**REQUIRED WORK**
A verbatim copy of the lines starting at the one with "inl spent ↦" and ending at the last line below is required; include nothing else.
[Start of Attachment]
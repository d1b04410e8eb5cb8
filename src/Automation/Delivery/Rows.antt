-- ===== src/Automation/Delivery/Rows.antt =====
-- What claiming, acknowledging and failing do to the row of one delivery.
use delmos.Base.{
  ℕ, zero, suc, ◌≡◌, ◌≢◌, ◌⊎◌, inl, inr, refl, arith, String, true, Option, none, some, List, [],
  ◌∷◌, ◌==◌, if◌then◌else◌, All, Bool-cases,
}
use delmos.Automation.Outbox.{Delivery}
use delmos.Automation.Delivery.{
  claimable, lease, claim, ack_row, held, acknowledge, fail_row, mark_failed,
}

-- The row with the id, the table's primary key.
abbrev pub row : ℕ → List Delivery → Option Delivery
row k [] = none
row k (d ∷ ds) = let rest = row k ds in if d.id == k then some d else rest

-- No id stands twice: the primary key.
abbrev pub UniqueIds : List Delivery → Type 0
UniqueIds [] = Unit
UniqueIds (d ∷ ds) = All (λ e. e.id ≢ d.id) ds × UniqueIds ds

abbrev pub on_row : (Delivery → Delivery) → Option Delivery → Option Delivery
on_row f none = none
on_row f (some d) = some (f d)

-- The row that a claim leaves: leased if it was claimable and its turn came, else as it was.
abbrev pub Claimed : ℕ → ℕ → ℕ → Option Delivery → Option Delivery → Type 0
Claimed token now until none r = r ≡ none
Claimed token now until (some d) r =
    (r ≡ some d) ⊎ ((claimable now d ≡ true) × (r ≡ some (lease token until d)))

Claimed-same : (token now until : ℕ) (r : Option Delivery) → Claimed token now until r r
Claimed-same token now until none = refl
Claimed-same token now until (some d) = inl refl

pub row-claim :
    (token now until limit k : ℕ) (ds : List Delivery)
    → Claimed token now until (row k ds) (row k (claim token now until limit ds).0)
unfolding claim
row-claim token now until zero k ds = Claimed-same token now until (row k ds)
row-claim token now until (suc limit) k [] = refl
row-claim token now until (suc limit) k (d ∷ ds) = elim (Bool-cases (claimable now d)) [
  | inl open_row ↦ elim (Bool-cases (d.id == k)) [
    | inl it ↦ rw (open_row, claim) (rw it (inr (open_row, refl)))
    | inr other ↦ rw (open_row, claim) (rw other (row-claim token now until limit k ds))
  ]
  | inr shut ↦ elim (Bool-cases (d.id == k)) [
    | inl it ↦ rw (shut, claim) (rw it (inl refl))
    | inr other ↦ rw (shut, claim) (rw other (row-claim token now until (suc limit) k ds))
  ]
]

pub row-mark_failed :
    (id k : ℕ) (reason : String) (ds : List Delivery)
    → row k (mark_failed id reason ds)
      ≡ (if id == k then on_row (fail_row reason) (row k ds) else row k ds)
unfolding mark_failed
row-mark_failed id k reason [] = ground arith
row-mark_failed id k reason (d ∷ ds) = ground (arith, row-mark_failed id k reason ds)

abbrev pub ack_if_held : ℕ → ℕ → ℕ → Delivery → Delivery
ack_if_held now id token d = if held id token d then ack_row now d else d

pub row-acknowledge :
    (now id token k : ℕ) (ds : List Delivery)
    → row k (acknowledge now id token ds).0 ≡ on_row (ack_if_held now id token) (row k ds)
unfolding acknowledge
row-acknowledge now id token k [] = refl
row-acknowledge now id token k (d ∷ ds) = ground (arith, row-acknowledge now id token k ds)

-- Each operation keeps the ids of the rows.
abbrev Avoids : ℕ → List Delivery → Type 0
Avoids k ds = All (λ d. d.id ≢ k) ds

claim-Avoids :
    (token now until limit k : ℕ) (ds : List Delivery)
    → Avoids k ds
    → Avoids k (claim token now until limit ds).0
unfolding claim
claim-Avoids token now until zero k ds h = h
claim-Avoids token now until (suc limit) k [] h = tt
claim-Avoids token now until (suc limit) k (d ∷ ds) h = elim (Bool-cases (claimable now d)) [
  | inl open_row ↦ rw (open_row, claim) (h.0, claim-Avoids token now until limit k ds h.1)
  | inr shut ↦ rw (shut, claim) (h.0, claim-Avoids token now until (suc limit) k ds h.1)
]

pub claim-UniqueIds :
    (token now until limit : ℕ) (ds : List Delivery)
    → UniqueIds ds
    → UniqueIds (claim token now until limit ds).0
unfolding claim
claim-UniqueIds token now until zero ds h = h
claim-UniqueIds token now until (suc limit) [] h = tt
claim-UniqueIds token now until (suc limit) (d ∷ ds) h = elim (Bool-cases (claimable now d)) [
  | inl open_row ↦
      rw (open_row, claim)
        (
          claim-Avoids token now until limit d.id ds h.0,
          claim-UniqueIds token now until limit ds h.1,
        )
  | inr shut ↦
      rw (shut, claim)
        (
          claim-Avoids token now until (suc limit) d.id ds h.0,
          claim-UniqueIds token now until (suc limit) ds h.1,
        )
]

mark_failed-Avoids :
    (id k : ℕ) (reason : String) (ds : List Delivery)
    → Avoids k ds
    → Avoids k (mark_failed id reason ds)
unfolding mark_failed
mark_failed-Avoids id k reason [] h = tt
mark_failed-Avoids id k reason (d ∷ ds) h = (
  elim (Bool-cases (d.id == id)) [ inl it ↦ rw it h.0 | inr other ↦ rw other h.0 ],
  mark_failed-Avoids id k reason ds h.1,
)

pub mark_failed-UniqueIds :
    (id : ℕ) (reason : String) (ds : List Delivery)
    → UniqueIds ds
    → UniqueIds (mark_failed id reason ds)
unfolding mark_failed
mark_failed-UniqueIds id reason [] h = tt
mark_failed-UniqueIds id reason (d ∷ ds) h = elim (Bool-cases (d.id == id)) [
  | inl it ↦
      rw it (mark_failed-Avoids id d.id reason ds h.0, mark_failed-UniqueIds id reason ds h.1)
  | inr other ↦
      rw other (mark_failed-Avoids id d.id reason ds h.0, mark_failed-UniqueIds id reason ds h.1)
]

acknowledge-Avoids :
    (now id token k : ℕ) (ds : List Delivery)
    → Avoids k ds
    → Avoids k (acknowledge now id token ds).0
unfolding acknowledge
acknowledge-Avoids now id token k [] h = tt
acknowledge-Avoids now id token k (d ∷ ds) h = elim (Bool-cases (held id token d)) [
  | inl it ↦ rw (it, acknowledge) (h.0, acknowledge-Avoids now id token k ds h.1)
  | inr other ↦ rw (other, acknowledge) (h.0, acknowledge-Avoids now id token k ds h.1)
]

pub acknowledge-UniqueIds :
    (now id token : ℕ) (ds : List Delivery)
    → UniqueIds ds
    → UniqueIds (acknowledge now id token ds).0
unfolding acknowledge
acknowledge-UniqueIds now id token [] h = tt
acknowledge-UniqueIds now id token (d ∷ ds) h = elim (Bool-cases (held id token d)) [
  | inl it ↦
      rw (it, acknowledge)
        (acknowledge-Avoids now id token d.id ds h.0, acknowledge-UniqueIds now id token ds h.1)
  | inr other ↦
      rw (other, acknowledge)
        (acknowledge-Avoids now id token d.id ds h.0, acknowledge-UniqueIds now id token ds h.1)
]

row-Avoids : (k : ℕ) (ds : List Delivery) → Avoids k ds → row k ds ≡ none
row-Avoids k [] h = refl
row-Avoids k (d ∷ ds) h = ground (arith, row-Avoids k ds h.1, h.0)

-- An acknowledgement that affects a row affects the row of the id, which holds the token.
pub acknowledge-hit :
    (now id token : ℕ) (ds : List Delivery)
    → UniqueIds ds
    → (acknowledge now id token ds).1 ≡ true
    → (d : Delivery) × (row id ds ≡ some d) × (held id token d ≡ true)
unfolding acknowledge
acknowledge-hit now id token [] u h = absurd (cc)
acknowledge-hit now id token (d ∷ ds) u h = elim (Bool-cases (held id token d)) [
  | inl it ↦ (d, ground arith, it)
  | inr other ↦
      let (e, found, holds) = acknowledge-hit now id token ds u.1 (rw (other, acknowledge) at h) in
      elim (Bool-cases (d.id == id)) [
        | inl same ↦ absurd (ground (arith, row-Avoids d.id ds u.0))
        | inr differs ↦ (e, rw (differs) found, holds)
      ]
]

pub row-id : (k : ℕ) (ds : List Delivery) (d : Delivery) → row k ds ≡ some d → d.id ≡ k
row-id k [] d h = absurd (cc)
row-id k (e ∷ ds) d h = elim (Bool-cases (e.id == k)) [
  | inl it ↦ let same : e ≡ d = cc (rw it at h) in rw (← same) (ground arith)
  | inr other ↦ row-id k ds d (rw other at h)
]
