-- ===== src/Automation/Delivery/Attempts.antt =====
-- A delivery that fails over and over: claims and failures in turn (`ClaimAndProcess` and
-- `markFailed` in internal/automation/dispatcher.go).
use delmos.Base.{
  ℕ, zero, suc, ◌+◌, ◌≤◌, ◌<◌, ◌≡◌, ◌≢◌, ◌⊎◌, inl, inr, refl, ap, ◌∙◌, subst, arith, String, true,
  false, some, List, [], ◌∷◌, ◌==◌, if◌then◌else◌, All, length, leb, Bool-cases,
}
use delmos.Automation.Outbox.{pending, leased, dead_letter, Delivery}
use delmos.Automation.Delivery.{claimable, lease, claim, listed, fail_row, mark_failed}
use delmos.Automation.Delivery.Rows.{
  row, UniqueIds, Claimed, row-claim, row-mark_failed, claim-UniqueIds, mark_failed-UniqueIds,
}

-- One round of a worker whose batch has room for the whole table: it claims, and where it got the
-- delivery, that fails.
pub record Round : Type 0 where
  pub token : ℕ
  pub now : ℕ
  pub lease_until : ℕ
  pub reason : String

abbrev pub claimed_by : Round → List Delivery → List Delivery × List ℕ
claimed_by r ds = claim r.token r.now r.lease_until (length ds) ds

abbrev pub failed_round : ℕ → Round → List Delivery → List Delivery
failed_round id r ds =
    let (taken, ids) = claimed_by r ds in
    if listed id ids then mark_failed id r.reason taken else taken

abbrev pub failed_rounds : ℕ → List Round → List Delivery → List Delivery
failed_rounds id [] ds = ds
failed_rounds id (r ∷ rs) ds = failed_rounds id rs (failed_round id r ds)

claim-takes :
    (token now until limit id : ℕ) (ds : List Delivery) (d : Delivery)
    → length ds ≤ limit
    → row id ds ≡ some d
    → claimable now d ≡ true
    → (row id (claim token now until limit ds).0 ≡ some (lease token until d))
      × (listed id (claim token now until limit ds).1 ≡ true)
unfolding claim
claim-takes token now until zero id [] d room found open_row = absurd (cc)
claim-takes token now until zero id (e ∷ ds) d room found open_row = absurd (omega (arith, room))
claim-takes token now until (suc limit) id [] d room found open_row = absurd (cc)
claim-takes token now until (suc limit) id (e ∷ ds) d room found open_row =
    elim (Bool-cases (e.id == id)) [
      | inl it ↦
          let same : e ≡ d = cc (rw it at found) in
          let its : claimable now e ≡ true = ap (claimable now) same ∙ open_row in
          let other_way : (id == e.id) ≡ true = ground (arith, it) in
          rw (its, claim) (rw (it, other_way) (ap (λ x. some (lease token until x)) same, refl))
      | inr other ↦
          let other_way : (id == e.id) ≡ false = ground (arith, other) in
          let later = rw other at found in
          elim (Bool-cases (claimable now e)) [
            | inl taken ↦
                rw (taken, claim)
                  (rw (other, other_way)
                    (claim-takes token now until limit id ds d (omega (arith, room)) later
                      open_row))
            | inr shut ↦
                rw (shut, claim)
                  (rw other (
                    claim-takes token now until (suc limit) id ds d (omega (arith, room)) later
                      open_row))
          ]
    ]

not_listed :
    (token now until limit id : ℕ) (ds : List Delivery)
    → All (λ e. e.id ≢ id) ds
    → listed id (claim token now until limit ds).1 ≡ false
unfolding claim
not_listed token now until zero id ds h = refl
not_listed token now until (suc limit) id [] h = refl
not_listed token now until (suc limit) id (d ∷ ds) h = elim (Bool-cases (claimable now d)) [
  | inl taken ↦
      let other : (id == d.id) ≡ false = ground (arith, h.0) in
      rw (taken, claim) (rw other (not_listed token now until limit id ds h.1))
  | inr shut ↦ rw (shut, claim) (not_listed token now until (suc limit) id ds h.1)
]

claim-passes :
    (token now until limit id : ℕ) (ds : List Delivery) (d : Delivery)
    → UniqueIds ds
    → row id ds ≡ some d
    → claimable now d ≡ false
    → listed id (claim token now until limit ds).1 ≡ false
unfolding claim
claim-passes token now until zero id ds d unique found shut = refl
claim-passes token now until (suc limit) id [] d unique found shut = refl
claim-passes token now until (suc limit) id (e ∷ ds) d unique found shut =
    elim (Bool-cases (e.id == id)) [
      | inl it ↦
          let same : e ≡ d = cc (rw it at found) in
          let its : claimable now e ≡ false = ap (claimable now) same ∙ shut in
          let key : e.id ≡ id = ground (arith, it) in
          rw (its, claim) (not_listed token now until (suc limit) id ds (rw key at unique.0))
      | inr other ↦
          let other_way : (id == e.id) ≡ false = ground (arith, other) in
          let later = rw other at found in
          elim (Bool-cases (claimable now e)) [
            | inl taken ↦
                rw (taken, claim)
                  (rw other_way (claim-passes token now until limit id ds d unique.1 later shut))
            | inr closed ↦
                rw (closed, claim)
                  (claim-passes token now until (suc limit) id ds d unique.1 later shut)
          ]
    ]

row-stays :
    (token now until limit id : ℕ) (ds : List Delivery) (d : Delivery)
    → row id ds ≡ some d
    → claimable now d ≡ false
    → row id (claim token now until limit ds).0 ≡ some d
row-stays token now until limit id ds d found shut =
    let its =
      subst (λ o. Claimed token now until o (row id (claim token now until limit ds).0)) found
        (row-claim token now until limit id ds) in
    elim its [ inl same ↦ same | inr (taken, leased_now) ↦ absurd (cc) ]

-- What the next claim does to the row.
abbrev pub Taken : ℕ → List Delivery → Type 0
Taken id ds =
    (r : Round)
    → (e : Delivery) × (row id (claimed_by r ds).0 ≡ some e)
      × (e.status ≡ leased)
      × (e.lease_token ≡ some r.token)
      × (listed id (claimed_by r ds).1 ≡ true)

abbrev pub LeftAlone : ℕ → Delivery → List Delivery → Type 0
LeftAlone id d ds =
    (token now until limit : ℕ)
    → (row id (claim token now until limit ds).0 ≡ some d)
      × (listed id (claim token now until limit ds).1 ≡ false)

dead-LeftAlone :
    (id : ℕ) (ds : List Delivery) (d : Delivery)
    → UniqueIds ds
    → row id ds ≡ some d
    → d.status ≡ dead_letter
    → LeftAlone id d ds
dead-LeftAlone id ds d unique found dead token now until limit =
    let shut : claimable now d ≡ false = rw dead refl in
    (
      row-stays token now until limit id ds d found shut,
      claim-passes token now until limit id ds d unique found shut,
    )

failed_round-dead :
    (id : ℕ) (r : Round) (ds : List Delivery) (d : Delivery)
    → UniqueIds ds
    → row id ds ≡ some d
    → d.status ≡ dead_letter
    → row id (failed_round id r ds) ≡ some d
failed_round-dead id r ds d unique found dead =
    let (stays, missed) =
      dead-LeftAlone id ds d unique found dead r.token r.now r.lease_until (length ds) in
    rw missed stays

failed_round-pending :
    (id : ℕ) (r : Round) (ds : List Delivery) (d : Delivery)
    → row id ds ≡ some d
    → d.status ≡ pending
    → row id (failed_round id r ds) ≡ some (fail_row r.reason (lease r.token r.lease_until d))
failed_round-pending id r ds d found waits =
    let open_row : claimable r.now d ≡ true = rw waits refl in
    let (taken, got) =
      claim-takes r.token r.now r.lease_until (length ds) id ds d (omega arith) found open_row in
    let same : (id == id) ≡ true = ground arith in
    rw got (row-mark_failed id id r.reason (claimed_by r ds).0 ∙ rw (same, taken) refl)

failed_round-UniqueIds :
    (id : ℕ) (r : Round) (ds : List Delivery) → UniqueIds ds → UniqueIds (failed_round id r ds)
failed_round-UniqueIds id r ds unique =
    let taken = claim-UniqueIds r.token r.now r.lease_until (length ds) ds unique in
    elim (Bool-cases (listed id (claimed_by r ds).1)) [
      | inl got ↦ rw got (mark_failed-UniqueIds id r.reason (claimed_by r ds).0 taken)
      | inr missed ↦ rw missed taken
    ]

-- The row after `n` failed rounds from `attempts` attempts.
abbrev pub After : ℕ → ℕ → ℕ → ℕ → List Delivery → Type 0
After id attempts max n ds =
    (e : Delivery) × (row id ds ≡ some e)
    × (((attempts + n < max)
          × (e.status ≡ pending)
          × (e.delivery_attempts ≡ attempts + n)
          × Taken id ds)
        ⊎ ((max ≤ attempts + n)
            × (e.status ≡ dead_letter)
            × (e.delivery_attempts ≡ max)
            × LeftAlone id e ds))

rounds-dead :
    (id : ℕ) (rs : List Round) (ds : List Delivery) (d : Delivery)
    → UniqueIds ds
    → row id ds ≡ some d
    → d.status ≡ dead_letter
    → (row id (failed_rounds id rs ds) ≡ some d) × LeftAlone id d (failed_rounds id rs ds)
rounds-dead id [] ds d unique found dead = (found, dead-LeftAlone id ds d unique found dead)
rounds-dead id (r ∷ rs) ds d unique found dead =
    rounds-dead id rs (failed_round id r ds) d (failed_round-UniqueIds id r ds unique)
      (failed_round-dead id r ds d unique found dead) dead

pending-Taken :
    (id : ℕ) (ds : List Delivery) (d : Delivery)
    → row id ds ≡ some d
    → d.status ≡ pending
    → Taken id ds
pending-Taken id ds d found waits r =
    let open_row : claimable r.now d ≡ true = rw waits refl in
    let (taken, got) =
      claim-takes r.token r.now r.lease_until (length ds) id ds d (omega arith) found open_row in
    (lease r.token r.lease_until d, taken, refl, refl, got)

-- In a table whose ids are unique, a pending delivery with attempts left goes through so many rounds,
-- in each of which it fails if the claim takes it. While its attempts and the rounds are fewer than the maximum, it
-- is pending, has one attempt more for each round, and the next claim with room for the table takes
-- it. Once they reach the maximum, it is a dead letter with exactly the maximum of attempts, and no
-- claim takes or changes it.
pub failed_rounds-dead_letter :
    (id : ℕ) (rs : List Round) (ds : List Delivery) (d : Delivery)
    → UniqueIds ds
    → row id ds ≡ some d
    → d.status ≡ pending
    → d.delivery_attempts < d.max_attempts
    → After id d.delivery_attempts d.max_attempts (length rs) (failed_rounds id rs ds)
failed_rounds-dead_letter id [] ds d unique found waits left =
    (d, found, inl (omega (arith, left), waits, omega arith, pending-Taken id ds d found waits))
failed_rounds-dead_letter id (r ∷ rs) ds d unique found waits left =
    let next = fail_row r.reason (lease r.token r.lease_until d) in
    let ds' = failed_round id r ds in
    let unique' = failed_round-UniqueIds id r ds unique in
    let found' : row id ds' ≡ some next = failed_round-pending id r ds d found waits in
    elim (Bool-cases (leb d.max_attempts (d.delivery_attempts + 1))) [
      | inl spent ↦
          let dead : next.status ≡ dead_letter = rw spent refl in
          let (stays, alone) = rounds-dead id rs ds' next unique' found' dead in
          (next, stays, inr (ground (arith, spent), dead, ground (arith, spent, left), alone))
      | inr again ↦
          let waits' : next.status ≡ pending = rw again refl in
          let (e, at_end, outcome) =
            failed_rounds-dead_letter id rs ds' next unique' found' waits'
              (ground (arith, again)) in
          (
            e,
            at_end,
            elim outcome [
              | inl (fewer, still, attempts, taken) ↦
                  inl (omega (arith, fewer), still, omega (arith, attempts), taken)
              | inr (reached, dead, attempts, alone) ↦
                  inr (omega (arith, reached), dead, attempts, alone)
            ],
          )
    ]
[End of Attachment]
**RESPONSE BOX**
      | inl spent ↦
          let dead : next.status ≡ dead_letter = rw spent refl in
          let (stays, alone) = rounds-dead id rs ds' next unique' found' dead in
          (next, stays, inr (ground (arith, spent), dead, ground (arith, spent, left), alone))
      | inr again ↦
          let waits' : next.status ≡ pending = rw again refl in
          let (e, at_end, outcome) =
            failed_rounds-dead_letter id rs ds' next unique' found' waits'
              (ground (arith, again)) in
          (
            e,
            at_end,
            elim outcome [
              | inl (fewer, still, attempts, taken) ↦
                  inl (omega (arith, fewer), still, omega (arith, attempts), taken)
              | inr (reached, dead, attempts, alone) ↦
                  inr (omega (arith, reached), dead, attempts, alone)
            ],
          )
    ]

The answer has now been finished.